Your task is to find every line of the listing that includes "arith" and copy it.
◆ ◆ ◆
-- ===== src/Poe/Claims.antt =====
-- What the three proof of existence checkers (wardrobe/poe/src/lib.rs) accept.
use tuxedo.Base.{
  ℕ, ◌≡◌, ◌≢◌, ◌≤◌, ◌<◌, ◌↔◌, refl, sym, ap, subst, ◌∙◌, List, [], ◌∷◌, arith, is_empty, get_elem?,
  Outcome, ok, ok_or, All, All-imp, first_of_cons, for_each, >>=-eq-ok, ensure-eq-ok, is_empty_iff,
  ok_injective,
}
use tuxedo.Codec.{Codec}
use tuxedo.DynamicTyping.{DynamicallyTypedData, DynamicTypingError, extract, extract_or}
use tuxedo.DynamicTyping.Typed.{Typed, extract_or_iff, first-Typed, for_each-Typed_iff}
use tuxedo.Poe.{
  ClaimData, PoeError, claim_data, claim_test, dispute_test, check_claim, check_revoke,
  check_dispute,
}

claim_test_iff : (h : ℕ) (c : ClaimData) → (claim_test h c ≡ ok tt) ↔ (h ≤ c.effective_height)
claim_test_iff h c = ground arith

-- A claim on the same hash that takes effect earlier.
abbrev pub Beats : ClaimData → ClaimData → Type 0
Beats winner loser =
    (winner.claim ≡ loser.claim) × (winner.effective_height < loser.effective_height)

dispute_test_iff : (w l : ClaimData) → (dispute_test w l ≡ ok tt) ↔ Beats w l
dispute_test_iff w l = ground arith

All-ok :
    (cs : List ClaimData)
    → All (λ (c : ClaimData). ◌≡◌ {A = Outcome PoeError (Unit {0})} (ok tt) (ok tt)) cs
All-ok [] = tt
All-ok (c ∷ cs) = (refl, All-ok cs)

same :
    {o : Outcome DynamicTypingError ClaimData} {c d : ClaimData}
    → o ≡ ok c
    → o ≡ ok d
    → c.effective_height ≡ d.effective_height
same e f = ap (λ x. x.effective_height) (ok_injective (sym e ∙ f))

some_first :
    (ds : List DynamicallyTypedData) (d : DynamicallyTypedData)
    → ok_or (get_elem? ds 0) PoeError.wrong_number_inputs ≡ ok d
    → (rest : List DynamicallyTypedData) × (ds ≡ d ∷ rest)
some_first [] d h = cc
some_first (a ∷ ds) d h = (ds, rw (ok_injective h))

module _ (codec : Codec ClaimData) where
  abbrev pub Claims : List DynamicallyTypedData → List ClaimData → Type 0
  Claims = Typed (claim_data codec)

  -- Nothing is consumed, and every output is a claim that takes effect now or later.
  abbrev pub IsClaim : (height : ℕ) → (inputs evicted outputs : List DynamicallyTypedData) → Type 0
  IsClaim height inputs evicted outputs =
      (claims : List ClaimData) × (inputs ≡ [])
      × (evicted ≡ [])
      × Claims outputs claims
      × All (λ (c : ClaimData). height ≤ c.effective_height) claims

  -- Claims disappear.
  abbrev pub IsRevocation : (inputs evicted outputs : List DynamicallyTypedData) → Type 0
  IsRevocation inputs evicted outputs =
      (claims : List ClaimData) × (evicted ≡ []) × (outputs ≡ []) × Claims inputs claims

  -- The first peek is a claim that beats every claim that is evicted.
  abbrev pub IsDispute : (inputs evicted peeks outputs : List DynamicallyTypedData) → Type 0
  IsDispute inputs evicted peeks outputs =
      (first : DynamicallyTypedData) × (more : List DynamicallyTypedData) × (winner : ClaimData)
      × (losers : List ClaimData) × (inputs ≡ [])
      × (outputs ≡ [])
      × (peeks ≡ first ∷ more)
      × (extract (claim_data codec) first ≡ ok winner)
      × Claims evicted losers
      × All (Beats winner) losers

  -- A claim is accepted exactly if it has neither inputs nor evictions and its outputs are claims
  -- whose effective height is not below the block height; the priority is zero.
  pub check_claim_iff :
      (height : ℕ) (inputs evicted peeks outputs : List DynamicallyTypedData) (priority : ℕ)
      → (check_claim codec height inputs evicted peeks outputs ≡ ok priority)
        ↔ ((priority ≡ 0) × IsClaim height inputs evicted outputs)
  unfolding check_claim
  check_claim_iff height inputs evicted peeks outputs priority =
      let loop =
        for_each-Typed_iff (claim_data codec) PoeError.badly_typed_output (claim_test height)
          outputs in
      (
        λ h.
            let (e1, h1) = ensure-eq-ok (is_empty inputs) _ _ h in
            let (e2, h2) = ensure-eq-ok (is_empty evicted) _ _ h1 in
            let (one, e3, h3) = >>=-eq-ok (for_each _ outputs) _ h2 in
            let (claims, holds, all) = loop.0 e3 in
            (
              sym (ok_injective h3),
              (
                claims,
                is_empty_iff _ e1,
                is_empty_iff _ e2,
                holds,
                All-imp (λ c. (claim_test_iff height c).0) claims all,
              ),
            ),
        λ (p, (claims, e1, e2, holds, all)). rw (
          e1,
          e2,
          loop.1 (claims, holds, All-imp (λ c. (claim_test_iff height c).1) claims all),
          p,
        ),
      )

  -- The revocation checker accepts a transaction exactly if it has neither evictions nor outputs
  -- and its inputs are claims; the priority is zero.
  pub check_revoke_iff :
      (inputs evicted peeks outputs : List DynamicallyTypedData) (priority : ℕ)
      → (check_revoke codec inputs evicted peeks outputs ≡ ok priority)
        ↔ ((priority ≡ 0) × IsRevocation inputs evicted outputs)
  unfolding check_revoke
  check_revoke_iff inputs evicted peeks outputs priority =
      let loop =
        for_each-Typed_iff (claim_data codec) PoeError.badly_typed_input (λ (c : ClaimData). ok tt)
          inputs in
      (
        λ h.
            let (e1, h1) = ensure-eq-ok (is_empty evicted) _ _ h in
            let (e2, h2) = ensure-eq-ok (is_empty outputs) _ _ h1 in
            let (one, e3, h3) = >>=-eq-ok (for_each _ inputs) _ h2 in
            let (claims, holds, all) = loop.0 e3 in
            (sym (ok_injective h3), (claims, is_empty_iff _ e1, is_empty_iff _ e2, holds)),
        λ (p, (claims, e1, e2, holds)). rw (e1, e2, loop.1 (claims, holds, All-ok claims), p),
      )

  -- A dispute is accepted exactly if it has neither inputs nor outputs, its first peek is a claim,
  -- and everything it evicts is a claim on the same hash with a strictly greater effective height;
  -- the priority is zero.
  pub check_dispute_iff :
      (inputs evicted peeks outputs : List DynamicallyTypedData) (priority : ℕ)
      → (check_dispute codec inputs evicted peeks outputs ≡ ok priority)
        ↔ ((priority ≡ 0) × IsDispute inputs evicted peeks outputs)
  unfolding check_dispute
  check_dispute_iff inputs evicted peeks outputs priority =
      let u = claim_data codec in
      let loop = λ (winner : ClaimData).
        for_each-Typed_iff u PoeError.badly_typed_input (dispute_test winner) evicted in
      (
        λ h.
            let (e1, h1) = ensure-eq-ok (is_empty inputs) _ _ h in
            let (e2, h2) = ensure-eq-ok (is_empty outputs) _ _ h1 in
            let (first, e3, h3) = >>=-eq-ok (ok_or (get_elem? peeks 0) _) _ h2 in
            let (winner, e4, h4) = >>=-eq-ok (extract_or u _ first) _ h3 in
            let (one, e5, h5) = >>=-eq-ok (for_each _ evicted) _ h4 in
            let (losers, holds, all) = (loop winner).0 e5 in
            let (more, e6) = some_first peeks first e3 in
            (
              sym (ok_injective h5),
              (
                first,
                more,
                winner,
                losers,
                is_empty_iff _ e1,
                is_empty_iff _ e2,
                e6,
                (extract_or_iff u _ first winner).0 e4,
                holds,
                All-imp (λ l. (dispute_test_iff winner l).0) losers all,
              ),
            ),
        λ (p, (first, more, winner, losers, e1, e2, e3, e4, holds, all)). rw (
          e1,
          e2,
          e3,
          (extract_or_iff u PoeError.badly_typed_input first winner).1 e4,
          (loop winner).1 (losers, holds, All-imp (λ l. (dispute_test_iff winner l).1) losers all),
          p,
        ),
      )

  beaten :
      (a b : DynamicallyTypedData) (more : List DynamicallyTypedData) (p : ℕ)
      → check_dispute codec [] (b ∷ []) (a ∷ more) [] ≡ ok p
      → (w l : ClaimData) × (extract (claim_data codec) a ≡ ok w)
        × (extract (claim_data codec) b ≡ ok l)
        × Beats w l
  beaten a b more p h =
      let (e, (first, rest, w, losers, e1, e2, e3, e4, holds, all)) =
        (check_dispute_iff [] (b ∷ []) (a ∷ more) [] p).0 h in
      let (l, ls, e5, here, none_left) = first-Typed (claim_data codec) b [] losers holds in
      (w, l, rw (first_of_cons e3) e4, here, (subst (All (Beats w)) e5 all).0)

  -- If a dispute evicts one datum on the strength of another, no dispute evicts the latter on the
  -- strength of the former.
  check_dispute_asymmetric :
      (a b : DynamicallyTypedData) (more more' : List DynamicallyTypedData) (p q : ℕ)
      → check_dispute codec [] (b ∷ []) (a ∷ more) [] ≡ ok p
      → check_dispute codec [] (a ∷ []) (b ∷ more') [] ≢ ok q
  check_dispute_asymmetric a b more more' p q h k =
      let (w, l, e1, e2, beats) = beaten a b more p h in
      let (w', l', f1, f2, beats') = beaten b a more' q k in omega (arith, same e1 f2, same e2 f1)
◆ ◆ ◆
**Answer to this exercise:**
  ℕ, ◌≡◌, ◌≢◌, ◌≤◌, ◌<◌, ◌↔◌, refl, sym, ap, subst, ◌∙◌, List, [], ◌∷◌, arith, is_empty, get_elem?,
claim_test_iff h c = ground arith
dispute_test_iff w l = ground arith
      let (w', l', f1, f2, beats') = beaten b a more' q k in omega (arith, same e1 f2, same e2 f1)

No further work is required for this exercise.